== Exercise inputs
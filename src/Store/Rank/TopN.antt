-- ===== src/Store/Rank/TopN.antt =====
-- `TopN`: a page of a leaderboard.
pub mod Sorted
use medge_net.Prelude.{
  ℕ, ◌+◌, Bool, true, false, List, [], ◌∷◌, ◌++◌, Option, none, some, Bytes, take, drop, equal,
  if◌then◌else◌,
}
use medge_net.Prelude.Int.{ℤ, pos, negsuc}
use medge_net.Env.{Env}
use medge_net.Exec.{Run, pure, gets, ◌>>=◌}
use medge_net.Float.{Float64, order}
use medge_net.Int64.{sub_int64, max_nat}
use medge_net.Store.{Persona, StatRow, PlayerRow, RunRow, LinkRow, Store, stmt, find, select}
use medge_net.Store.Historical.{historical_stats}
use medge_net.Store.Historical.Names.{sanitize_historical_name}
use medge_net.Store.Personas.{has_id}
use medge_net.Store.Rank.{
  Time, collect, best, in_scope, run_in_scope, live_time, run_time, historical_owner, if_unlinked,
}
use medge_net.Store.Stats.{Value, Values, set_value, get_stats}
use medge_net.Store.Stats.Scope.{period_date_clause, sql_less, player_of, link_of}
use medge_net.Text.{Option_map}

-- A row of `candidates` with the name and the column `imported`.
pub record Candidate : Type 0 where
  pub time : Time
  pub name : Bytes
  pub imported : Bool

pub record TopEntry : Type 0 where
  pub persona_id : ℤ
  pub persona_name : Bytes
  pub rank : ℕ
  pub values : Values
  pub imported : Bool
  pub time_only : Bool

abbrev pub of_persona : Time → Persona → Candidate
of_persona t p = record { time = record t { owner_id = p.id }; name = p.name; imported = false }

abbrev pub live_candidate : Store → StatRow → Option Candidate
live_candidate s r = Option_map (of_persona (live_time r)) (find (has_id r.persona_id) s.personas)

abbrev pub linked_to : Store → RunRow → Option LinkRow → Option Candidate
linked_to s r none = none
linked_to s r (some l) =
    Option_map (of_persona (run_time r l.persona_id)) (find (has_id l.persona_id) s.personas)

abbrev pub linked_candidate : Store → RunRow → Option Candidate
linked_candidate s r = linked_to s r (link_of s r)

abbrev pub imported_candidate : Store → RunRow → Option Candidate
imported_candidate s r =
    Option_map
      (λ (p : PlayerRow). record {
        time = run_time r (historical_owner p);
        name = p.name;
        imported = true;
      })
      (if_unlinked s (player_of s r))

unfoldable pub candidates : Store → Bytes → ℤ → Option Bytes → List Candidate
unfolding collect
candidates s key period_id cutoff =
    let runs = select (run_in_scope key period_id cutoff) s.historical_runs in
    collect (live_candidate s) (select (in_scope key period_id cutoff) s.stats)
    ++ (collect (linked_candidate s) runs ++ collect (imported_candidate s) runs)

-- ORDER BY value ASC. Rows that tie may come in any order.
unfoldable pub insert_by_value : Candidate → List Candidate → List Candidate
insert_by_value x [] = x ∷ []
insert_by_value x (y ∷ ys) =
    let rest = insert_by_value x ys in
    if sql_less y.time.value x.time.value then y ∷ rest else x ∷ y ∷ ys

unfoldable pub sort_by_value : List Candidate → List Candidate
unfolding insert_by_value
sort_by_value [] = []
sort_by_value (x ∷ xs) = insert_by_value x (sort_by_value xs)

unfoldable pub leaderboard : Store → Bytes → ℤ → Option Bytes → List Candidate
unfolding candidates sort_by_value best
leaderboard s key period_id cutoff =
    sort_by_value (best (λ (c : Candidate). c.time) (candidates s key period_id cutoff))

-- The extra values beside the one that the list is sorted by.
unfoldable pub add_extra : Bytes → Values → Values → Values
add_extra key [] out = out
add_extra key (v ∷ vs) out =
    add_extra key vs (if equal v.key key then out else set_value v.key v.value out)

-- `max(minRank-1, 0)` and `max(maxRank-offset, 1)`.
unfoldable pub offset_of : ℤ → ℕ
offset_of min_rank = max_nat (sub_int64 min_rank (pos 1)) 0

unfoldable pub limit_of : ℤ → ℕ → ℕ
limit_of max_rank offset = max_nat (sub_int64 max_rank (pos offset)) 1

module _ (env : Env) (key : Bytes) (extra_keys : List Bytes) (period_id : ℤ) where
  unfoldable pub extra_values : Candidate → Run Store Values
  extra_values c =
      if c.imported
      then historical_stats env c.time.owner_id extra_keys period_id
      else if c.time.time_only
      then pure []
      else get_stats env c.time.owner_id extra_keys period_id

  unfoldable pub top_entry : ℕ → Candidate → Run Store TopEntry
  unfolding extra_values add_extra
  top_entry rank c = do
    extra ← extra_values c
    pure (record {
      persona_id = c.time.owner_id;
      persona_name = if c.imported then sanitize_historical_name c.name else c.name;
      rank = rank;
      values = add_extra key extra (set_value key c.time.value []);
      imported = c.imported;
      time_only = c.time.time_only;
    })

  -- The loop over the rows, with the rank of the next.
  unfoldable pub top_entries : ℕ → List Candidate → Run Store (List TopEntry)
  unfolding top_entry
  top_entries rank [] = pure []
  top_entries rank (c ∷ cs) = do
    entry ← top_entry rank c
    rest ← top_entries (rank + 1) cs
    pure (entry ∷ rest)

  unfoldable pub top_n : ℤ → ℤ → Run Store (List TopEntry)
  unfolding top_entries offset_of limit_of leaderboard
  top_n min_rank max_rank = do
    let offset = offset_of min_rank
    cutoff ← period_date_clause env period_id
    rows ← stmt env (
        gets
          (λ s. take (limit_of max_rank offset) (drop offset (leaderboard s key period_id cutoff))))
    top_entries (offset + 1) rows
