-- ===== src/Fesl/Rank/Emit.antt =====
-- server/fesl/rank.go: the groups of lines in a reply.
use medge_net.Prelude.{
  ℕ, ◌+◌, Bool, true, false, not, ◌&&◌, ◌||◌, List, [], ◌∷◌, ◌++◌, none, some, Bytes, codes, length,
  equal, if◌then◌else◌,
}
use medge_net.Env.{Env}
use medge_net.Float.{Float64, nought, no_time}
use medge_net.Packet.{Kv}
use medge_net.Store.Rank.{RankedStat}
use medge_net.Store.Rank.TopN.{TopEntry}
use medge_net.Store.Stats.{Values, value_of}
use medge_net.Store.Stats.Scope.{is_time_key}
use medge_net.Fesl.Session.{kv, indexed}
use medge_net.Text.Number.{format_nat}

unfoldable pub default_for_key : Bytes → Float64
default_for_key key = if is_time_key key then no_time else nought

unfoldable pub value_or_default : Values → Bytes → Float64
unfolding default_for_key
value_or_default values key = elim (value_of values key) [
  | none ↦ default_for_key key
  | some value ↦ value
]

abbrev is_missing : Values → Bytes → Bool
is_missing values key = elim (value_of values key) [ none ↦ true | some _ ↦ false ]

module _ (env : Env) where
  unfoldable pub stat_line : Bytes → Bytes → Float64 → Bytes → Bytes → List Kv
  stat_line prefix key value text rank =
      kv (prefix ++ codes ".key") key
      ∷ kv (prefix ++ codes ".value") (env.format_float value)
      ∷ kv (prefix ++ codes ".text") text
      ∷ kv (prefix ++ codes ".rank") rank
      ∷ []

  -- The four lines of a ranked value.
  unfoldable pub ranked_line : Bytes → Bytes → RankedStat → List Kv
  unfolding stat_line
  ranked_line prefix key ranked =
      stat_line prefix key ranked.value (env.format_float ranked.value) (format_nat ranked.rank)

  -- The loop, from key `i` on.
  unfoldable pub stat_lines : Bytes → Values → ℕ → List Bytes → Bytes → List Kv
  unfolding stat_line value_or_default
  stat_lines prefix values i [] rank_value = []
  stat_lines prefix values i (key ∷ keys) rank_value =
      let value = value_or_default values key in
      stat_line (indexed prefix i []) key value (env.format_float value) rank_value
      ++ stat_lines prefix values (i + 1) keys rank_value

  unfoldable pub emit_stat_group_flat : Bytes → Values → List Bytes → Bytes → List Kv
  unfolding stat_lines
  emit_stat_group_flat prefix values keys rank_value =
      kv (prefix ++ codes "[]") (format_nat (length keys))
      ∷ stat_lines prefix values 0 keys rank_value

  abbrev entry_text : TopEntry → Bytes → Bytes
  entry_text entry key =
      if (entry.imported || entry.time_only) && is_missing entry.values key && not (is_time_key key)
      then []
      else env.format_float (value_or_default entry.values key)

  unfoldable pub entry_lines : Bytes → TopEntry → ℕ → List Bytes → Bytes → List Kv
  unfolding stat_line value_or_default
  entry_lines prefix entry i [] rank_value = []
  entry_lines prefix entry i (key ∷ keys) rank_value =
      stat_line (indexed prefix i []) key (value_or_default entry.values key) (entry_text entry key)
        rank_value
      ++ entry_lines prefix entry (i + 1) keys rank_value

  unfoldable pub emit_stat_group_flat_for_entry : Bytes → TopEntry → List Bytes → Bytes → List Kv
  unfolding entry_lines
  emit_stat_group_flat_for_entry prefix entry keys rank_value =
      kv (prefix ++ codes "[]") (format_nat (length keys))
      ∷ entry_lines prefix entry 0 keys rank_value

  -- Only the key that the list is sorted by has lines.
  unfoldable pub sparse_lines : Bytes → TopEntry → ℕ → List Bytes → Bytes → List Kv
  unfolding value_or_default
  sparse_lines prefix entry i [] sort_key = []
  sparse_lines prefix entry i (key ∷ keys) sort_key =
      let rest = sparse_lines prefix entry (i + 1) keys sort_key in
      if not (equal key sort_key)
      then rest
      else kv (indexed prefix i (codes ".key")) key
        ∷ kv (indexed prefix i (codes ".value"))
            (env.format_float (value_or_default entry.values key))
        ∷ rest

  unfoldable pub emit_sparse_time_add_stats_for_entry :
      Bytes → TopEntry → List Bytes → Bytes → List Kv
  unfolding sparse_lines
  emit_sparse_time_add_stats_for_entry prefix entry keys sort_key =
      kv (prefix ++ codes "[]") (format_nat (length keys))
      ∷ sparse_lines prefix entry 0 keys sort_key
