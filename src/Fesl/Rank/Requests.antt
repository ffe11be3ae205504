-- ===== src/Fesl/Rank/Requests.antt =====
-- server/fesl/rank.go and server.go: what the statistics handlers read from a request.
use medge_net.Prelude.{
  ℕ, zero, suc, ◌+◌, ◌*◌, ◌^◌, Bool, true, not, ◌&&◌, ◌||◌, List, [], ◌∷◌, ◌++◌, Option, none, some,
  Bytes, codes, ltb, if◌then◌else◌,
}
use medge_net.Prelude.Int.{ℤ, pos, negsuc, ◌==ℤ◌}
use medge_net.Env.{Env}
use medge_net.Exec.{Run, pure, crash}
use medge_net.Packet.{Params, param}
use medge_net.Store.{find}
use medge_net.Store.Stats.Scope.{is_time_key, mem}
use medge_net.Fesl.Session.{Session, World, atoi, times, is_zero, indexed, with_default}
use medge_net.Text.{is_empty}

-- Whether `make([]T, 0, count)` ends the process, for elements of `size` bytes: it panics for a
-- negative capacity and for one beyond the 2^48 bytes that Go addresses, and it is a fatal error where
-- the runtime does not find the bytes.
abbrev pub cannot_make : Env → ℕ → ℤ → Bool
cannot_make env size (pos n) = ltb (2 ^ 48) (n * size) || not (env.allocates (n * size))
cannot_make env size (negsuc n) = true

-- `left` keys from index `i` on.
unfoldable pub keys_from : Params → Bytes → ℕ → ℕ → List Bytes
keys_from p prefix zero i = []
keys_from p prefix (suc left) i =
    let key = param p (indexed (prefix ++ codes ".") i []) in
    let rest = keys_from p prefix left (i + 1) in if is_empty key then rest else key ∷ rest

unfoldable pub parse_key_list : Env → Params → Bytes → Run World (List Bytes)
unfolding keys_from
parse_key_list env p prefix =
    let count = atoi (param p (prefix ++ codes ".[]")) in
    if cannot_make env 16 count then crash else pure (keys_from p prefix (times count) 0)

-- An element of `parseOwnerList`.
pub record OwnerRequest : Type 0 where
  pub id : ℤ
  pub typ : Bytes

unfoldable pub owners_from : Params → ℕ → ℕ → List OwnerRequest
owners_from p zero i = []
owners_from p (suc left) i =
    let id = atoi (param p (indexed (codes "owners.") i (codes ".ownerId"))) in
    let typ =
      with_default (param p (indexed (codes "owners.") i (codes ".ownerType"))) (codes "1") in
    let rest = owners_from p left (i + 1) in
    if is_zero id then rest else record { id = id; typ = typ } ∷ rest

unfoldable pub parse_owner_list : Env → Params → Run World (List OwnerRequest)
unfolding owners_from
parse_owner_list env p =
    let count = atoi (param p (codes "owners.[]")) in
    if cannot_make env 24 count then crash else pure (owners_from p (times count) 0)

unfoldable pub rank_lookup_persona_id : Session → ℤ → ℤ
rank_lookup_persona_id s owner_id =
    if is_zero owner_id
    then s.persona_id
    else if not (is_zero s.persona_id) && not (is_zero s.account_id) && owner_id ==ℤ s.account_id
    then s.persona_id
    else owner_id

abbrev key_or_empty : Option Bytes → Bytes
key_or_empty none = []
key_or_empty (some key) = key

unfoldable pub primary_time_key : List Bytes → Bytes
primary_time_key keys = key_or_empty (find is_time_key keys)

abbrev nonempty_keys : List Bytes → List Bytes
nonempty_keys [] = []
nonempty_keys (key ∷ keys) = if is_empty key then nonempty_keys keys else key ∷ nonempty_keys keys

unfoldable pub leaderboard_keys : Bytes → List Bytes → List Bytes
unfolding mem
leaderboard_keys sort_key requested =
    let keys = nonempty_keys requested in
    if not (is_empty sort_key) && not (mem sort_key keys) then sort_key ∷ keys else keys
====
**Task requirements**
Starting at the line that contains "pub record TopEntry : Type 0 where" and stopping after the line that contains "(imported_candidate s) runs)", write out every line exactly as it appears above, and no other line.

**Written solution**
pub record TopEntry : Type 0 where
  pub persona_id : ℤ
  pub persona_name : Bytes
  pub rank : ℕ
  pub values : Values
  pub imported : Bool
  pub time_only : Bool

abbrev pub of_persona : Time → Persona → Candidate
of_persona t p = record { time = record t { owner_id = p.id }; name = p.name; imported = false }

abbrev pub live_candidate : Store → StatRow → Option Candidate
live_candidate s r = Option_map (of_persona (live_time r)) (find (has_id r.persona_id) s.personas)

abbrev pub linked_to : Store → RunRow → Option LinkRow → Option Candidate
linked_to s r none = none
linked_to s r (some l) =
    Option_map (of_persona (run_time r l.persona_id)) (find (has_id l.persona_id) s.personas)

abbrev pub linked_candidate : Store → RunRow → Option Candidate
linked_candidate s r = linked_to s r (link_of s r)

abbrev pub imported_candidate : Store → RunRow → Option Candidate
imported_candidate s r =
    Option_map
      (λ (p : PlayerRow). record {
        time = run_time r (historical_owner p);
        name = p.name;
        imported = true;
      })
      (if_unlinked s (player_of s r))

unfoldable pub candidates : Store → Bytes → ℤ → Option Bytes → List Candidate
unfolding collect
candidates s key period_id cutoff =
    let runs = select (run_in_scope key period_id cutoff) s.historical_runs in
    collect (live_candidate s) (select (in_scope key period_id cutoff) s.stats)
    ++ (collect (linked_candidate s) runs ++ collect (imported_candidate s) runs)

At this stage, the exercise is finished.